What are your favorite haiku that you have written? Can you share a story behind some of them?
I was caring for my mother, severely handicapped and demented in her eighties. It had been a very difficult and stressful time for me, yet at times she recognized me and we had much fun together. I learned to value those hours with all my heart. On a particular summer day, after duties around my patient, kitchen, and the household ended for the time being, I took a rest on the bench in the garden, in the front of my mother’s window, with a cup of coffee. There we have a few large fruit trees. Tired and emotionally exhausted, I raised my gaze towards a clear blue sky among the canopies. Not a single cloud there. Silence without even a single bird chirping, no cars passing by. Then this breeze…Instantly, I was far away from all my problems:
summer breeze suddenly changed
contour of sky
In the evening, at sunset, from my office I was bird viewing the town below my window with a feeling of tranquility and peace. A strenuous day was over. I felt much tenderness and empathy for destinies under those roofs, I was to join them as well. We all have problems, each in his own way; one can only wonder what they are, but the sun will rise again…
all these shiny roofs
and just enough moonlight
to tuck in every tile
I was biking on some village road at time cows were taken to the pasture. A bit tired, I had to slow down and could not pass two cows, probably both pregnant on a very narrow, dusty road with deep ditches on both sides. The cows followed their master, innocent and unaware of me, working off their obligatory life to the welfare of a village family. They were covered with flies and gadflies. At first angry, somehow their steady and slow steps calmed me down. I then realized I loved them for being just the way they are. I had no idea how much they suffered from bites of all those insects. Their large udders were swinging … Suddenly, I had respect for them and life they live; to feed man and his children with milk, give him calves that will be taken away from them way too early. They’ve taught me something very important. It is not I, my feelings and needs, that is the most important thing in the world. We all are and should be equally respected: the cows, the birds, people…
cycling in the country –
a couple of cows slowly
pulling their tails
What haiku-related project are you currently working on that brings you joy? What do you like about it?

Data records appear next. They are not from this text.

-- ===== src/TfBuilder/Rpc/Accounting.antt =====
-- The memory accounting of the TfBuilder (src/TfBuilder/TfBuilderRpc.cxx).
use data_distribution.Prelude.{
  ℕ, suc, ◌+◌, ◌%◌, ◌≤◌, ◌<◌, ◌≡◌, refl, ap, ◌∙◌, inl, inr, true, false, not, ◌||◌, List, [], ◌∷◌,
  none, some, String, ◌==◌, nat_eq, ltb, leb, find, remove, insert, find-insert, find-remove,
  length, add64, u64_mod, Bool-cases, Option-cases, arith,
}
use data_distribution.TfScheduler.Messages.{TfBuildingInformation, is_topological}
use data_distribution.TfBuilder.Rpc.{
  TfBuilderRpc, u32_mod, record_tf_built, record_tf_forwarded, build_tf_request, enqueue_request,
  rename_topo, reset_run_counters,
}

abbrev pub Sizes : Type 0
Sizes = List (ℕ × ℕ)

abbrev pub total : Sizes → ℕ
total [] = 0
total (p ∷ m) = p.1 + total m

abbrev pub Unique : Sizes → Type 0
Unique [] = Unit
Unique (p ∷ m) = (find p.0 m ≡ none) × Unique m

insert_new :
    (k v : ℕ) (m : Sizes)
    → find k m ≡ none
    → Unique m
    → (total (insert k v m) ≡ total m + v)
      × (length (insert k v m) ≡ suc (length m))
      × Unique (insert k v m)
unfolding find insert
insert_new k v [] h u = (omega arith, refl, (refl, tt))
insert_new k v (p ∷ m) h u = elim (Bool-cases (p.0 == k)) [
  | inl e ↦ ground (arith, e, h)
  | inr e ↦
      let (t, l, w) = insert_new k v m (ground (arith, e, h)) u.1 in
      rw e (omega (arith, t), omega (arith, l), (ground (arith, find-insert k p.0 v m, e, u.0), w))
]

remove_absent : (k : ℕ) (m : Sizes) → find k m ≡ none → remove k m ≡ m
unfolding find remove
remove_absent k [] h = refl
remove_absent k (p ∷ m) h = ground (arith, remove_absent k m)

remove_there :
    (k v : ℕ) (m : Sizes)
    → find k m ≡ some v
    → Unique m
    → (total (remove k m) + v ≡ total m)
      × (suc (length (remove k m)) ≡ length m)
      × Unique (remove k m)
unfolding find remove
remove_there k v [] h u = cc
remove_there k v (p ∷ m) h u = elim (Bool-cases (p.0 == k)) [
  | inl e ↦
      let same : v ≡ p.1 = ground (arith, e, h) in
      let rest = remove_absent k m (ground (arith, e, u.0)) in
      rw (e, rest, same) (omega arith, refl, u.1)
  | inr e ↦
      let (t, l, w) = remove_there k v m (ground (arith, e, h)) u.1 in
      rw e (omega (arith, t), omega (arith, l), (ground (arith, find-remove k p.0 m, e, u.0), w))
]

-- What is free and what the built time frames take make up the buffer.
pub record IsBalanced (r : TfBuilderRpc) : Type 0 where
  pub bounded : r.buffer_size < u64_mod
  pub sizes : r.current_tf_buffer_size + total r.tf_id_sizes ≡ r.buffer_size
  pub counted : r.num_buffered_tfs ≡ length r.tf_id_sizes % u32_mod
  pub unique : Unique r.tf_id_sizes

record_tf_built-IsBalanced :
    (id size : ℕ) (r : TfBuilderRpc)
    → find id r.tf_id_sizes ≡ none
    → size ≤ r.current_tf_buffer_size
    → IsBalanced r
    → IsBalanced (record_tf_built id size r).1
unfolding record_tf_built
record_tf_built-IsBalanced id size r new fits v = elim (Bool-cases (not r.running)) [
  | inl e ↦ rw e v
  | inr e ↦
      let (t, l, u) = insert_new id size r.tf_id_sizes new v.unique in
      let enough : leb size r.current_tf_buffer_size ≡ true = ground arith in
      rw e (record {
        bounded = v.bounded;
        sizes = rw enough (omega (arith, t, v.sizes));
        counted = omega (arith, l, v.counted);
        unique = u;
      })
]

record_tf_forwarded-IsBalanced :
    (id : ℕ) (r : TfBuilderRpc) → IsBalanced r → IsBalanced (record_tf_forwarded id r).1
unfolding record_tf_forwarded
record_tf_forwarded-IsBalanced id r v = elim (Bool-cases (not r.running)) [
  | inl e ↦ rw e v
  | inr e ↦ rw e (elim (Option-cases (find id r.tf_id_sizes)) [
    | inl f ↦ rw (f, record_tf_forwarded) v
    | inr (size, f) ↦
        let (t, l, u) = remove_there id size r.tf_id_sizes f v.unique in
        rw (f, record_tf_forwarded)
          (record {
            bounded = v.bounded;
            sizes = omega (arith, t, v.sizes, v.bounded);
            counted = omega (arith, l, v.counted);
            unique = u;
          })
  ])
]

same_sizes :
    (r t : TfBuilderRpc)
    → t.buffer_size ≡ r.buffer_size
    → t.current_tf_buffer_size ≡ r.current_tf_buffer_size
    → t.tf_id_sizes ≡ r.tf_id_sizes
    → t.num_buffered_tfs ≡ r.num_buffered_tfs
    → IsBalanced r
    → IsBalanced t
same_sizes r t b c s n v = record {
  bounded = rw b v.bounded;
  sizes = rw (b, c, s) v.sizes;
  counted = rw (n, s) v.counted;
  unique = rw s v.unique;
}

rename_topo-IsBalanced :
    (m : List (String × ℕ)) (id : ℕ) (r : TfBuilderRpc)
    → IsBalanced r
    → IsBalanced (rename_topo m id r)
unfolding rename_topo
rename_topo-IsBalanced [] id r v = v
rename_topo-IsBalanced (p ∷ m) id r v = same_sizes r _ refl refl refl refl v

build_tf_request-IsBalanced :
    (q : TfBuildingInformation) (r : TfBuilderRpc)
    → IsBalanced r
    → IsBalanced (build_tf_request q r).1
unfolding build_tf_request enqueue_request
build_tf_request-IsBalanced q r v =
    let r' = record r { num_tfs_in_building = r.num_tfs_in_building + 1 } in
    let v' : IsBalanced r' = same_sizes r _ refl refl refl refl v in
    elim (Bool-cases (not r.running || r.terminate_requested)) [
      | inl e ↦ rw e v
      | inr e ↦ rw e (elim (Bool-cases (ltb r.current_tf_buffer_size q.tf_size)) [
        | inl f ↦ rw f v
        | inr f ↦ rw f (elim (Bool-cases (is_topological q.tf_source)) [
          | inl g ↦ rw g (
              same_sizes (rename_topo q.stf_size_map q.tf_id r') _ refl refl refl refl
                (rename_topo-IsBalanced q.stf_size_map q.tf_id r' v'))
          | inr g ↦ rw g (same_sizes r _ refl refl refl refl v)
        ])
      ])
    ]

-- The calls that the accounting sees: requests, the stages of a time frame, and a new run.
pub data Event : Type 0 where
  requests : TfBuildingInformation → Event
  builds : ℕ → ℕ → Event
  forwards : ℕ → Event
  resets : Event

unfoldable pub step : TfBuilderRpc → Event → TfBuilderRpc
step r (requests q) = (build_tf_request q r).1
step r (builds id size) = (record_tf_built id size r).1
step r (forwards id) = (record_tf_forwarded id r).1
step r resets = reset_run_counters r

unfoldable pub run : TfBuilderRpc → List Event → TfBuilderRpc
run r [] = r
run r (e ∷ es) = run (step r e) es

-- Every time frame that is built is new, as the source asserts, and there is room for it.
abbrev pub Fits : TfBuilderRpc → List Event → Type 0
Fits r [] = Unit
Fits r (builds id size ∷ es) =
    (find id r.tf_id_sizes ≡ none)
    × (size ≤ r.current_tf_buffer_size)
    × Fits (step r (builds id size)) es
Fits r (requests q ∷ es) = Fits (step r (requests q)) es
Fits r (forwards id ∷ es) = Fits (step r (forwards id)) es
Fits r (resets ∷ es) = Fits (step r resets) es

-- For every sequence of requests, built and forwarded time frames and new runs, in which each built
-- time frame is new and no larger than what is free: if the free size and the sizes of the buffered
-- time frames make up the buffer, which is below 2 ^ 64 bytes, the count of buffered time frames is
-- theirs modulo 2 ^ 32 and no id is buffered twice, then this is so at the end.
pub run-IsBalanced :
    (r : TfBuilderRpc) (es : List Event) → Fits r es → IsBalanced r → IsBalanced (run r es)
unfolding run step reset_run_counters
run-IsBalanced r [] f v = v
run-IsBalanced r (requests q ∷ es) f v =
    run-IsBalanced (build_tf_request q r).1 es f (build_tf_request-IsBalanced q r v)
run-IsBalanced r (builds id size ∷ es) (new, fits, f) v =
    run-IsBalanced (record_tf_built id size r).1 es f
      (record_tf_built-IsBalanced id size r new fits v)
run-IsBalanced r (forwards id ∷ es) f v =
    run-IsBalanced (record_tf_forwarded id r).1 es f (record_tf_forwarded-IsBalanced id r v)
run-IsBalanced r (resets ∷ es) f v =
    run-IsBalanced (reset_run_counters r) es f
      (record { bounded = v.bounded; sizes = omega arith; counted = refl; unique = tt })

forwarded :
    (id size : ℕ) (r : TfBuilderRpc)
    → r.running ≡ true
    → find id r.tf_id_sizes ≡ some size
    → ((record_tf_forwarded id r).1.current_tf_buffer_size ≡ add64 r.current_tf_buffer_size size)
      × ((record_tf_forwarded id r).1.tf_id_sizes ≡ remove id r.tf_id_sizes)
unfolding record_tf_forwarded
forwarded id size r e f = rw (e, f, record_tf_forwarded) (refl, refl)

built_over :
    (id size : ℕ) (r : TfBuilderRpc)
    → r.running ≡ true
    → r.current_tf_buffer_size < size
    → ((record_tf_built id size r).1.running ≡ true)
      × ((record_tf_built id size r).1.current_tf_buffer_size ≡ 0)
      × ((record_tf_built id size r).1.tf_id_sizes ≡ insert id size r.tf_id_sizes)
unfolding record_tf_built
built_over id size r e large =
    let no_room : leb size r.current_tf_buffer_size ≡ false = ground arith in
    rw (e, no_room) (refl, refl, refl)

-- For a running TfBuilder with balanced accounting: a time frame that is larger than what is free,
-- once built and forwarded, leaves its own size free, so more than there was before, and what is free
-- and what is buffered exceed the buffer.
pub overrun :
    (id size : ℕ) (r : TfBuilderRpc)
    → IsBalanced r
    → r.running ≡ true
    → find id r.tf_id_sizes ≡ none
    → r.current_tf_buffer_size < size
    → size < u64_mod
    → let r' = run r (builds id size ∷ forwards id ∷ []) in
      (r'.current_tf_buffer_size ≡ size)
      × (r.buffer_size < r'.current_tf_buffer_size + total r'.tf_id_sizes)
unfolding run step
overrun id size r v e new large small =
    let sizes = insert id size r.tf_id_sizes in
    let (t, l, u) = insert_new id size r.tf_id_sizes new v.unique in
    let there : find id sizes ≡ some size = ground (arith, find-insert id id size r.tf_id_sizes) in
    let (t', l', u') = remove_there id size sizes there u in
    let b = (record_tf_built id size r).1 in
    let (on, nothing, kept) = built_over id size r e large in
    let (free, left) = forwarded id size b on (ap (find id) kept ∙ there) in
    let whole : add64 b.current_tf_buffer_size size ≡ size = rw nothing (omega arith) in
    let remains : total (record_tf_forwarded id b).1.tf_id_sizes ≡ total (remove id sizes) =
      ap total (left ∙ ap (remove id) kept) in
    (free ∙ whole, omega (arith, t, t', v.sizes, free, whole, remains))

I’m working on the haiku magazine IRIS and I enjoy sharing the fun with other poets on the editorial board. I also coordinate the haiku contests. I’m thankful for having the ability and opportunity to give my contribution to strengthening ties between man and nature and among poets by means of haiku poetry, thus sending messages about modesty, respect and empathy through the haiku community. Many a member of today’s materialistic society still needs to learn to win over his own greed and wrongful aims, which endanger life on our planet altogether. For four centuries, the haijin have been telling us that we are a part of nature, not its owners and masters. And of course, I’m thankful for all my haiku-friends with whom I share my love of the written word, poetry and haiku. It’s a way to live a full and creative life and share it with others. I cherish it.
Djurdja (Đurđa) Vukelić Rožić (1956, Croatia) edits the annual haiku magazine IRIS, now in its 15th year. As a translator and editor, she has worked on a number of anthologies and joint collections. A writer with 26 published books, she creates in Croatian, Kajkavian, and English. She has received a number of awards at home and abroad for her work.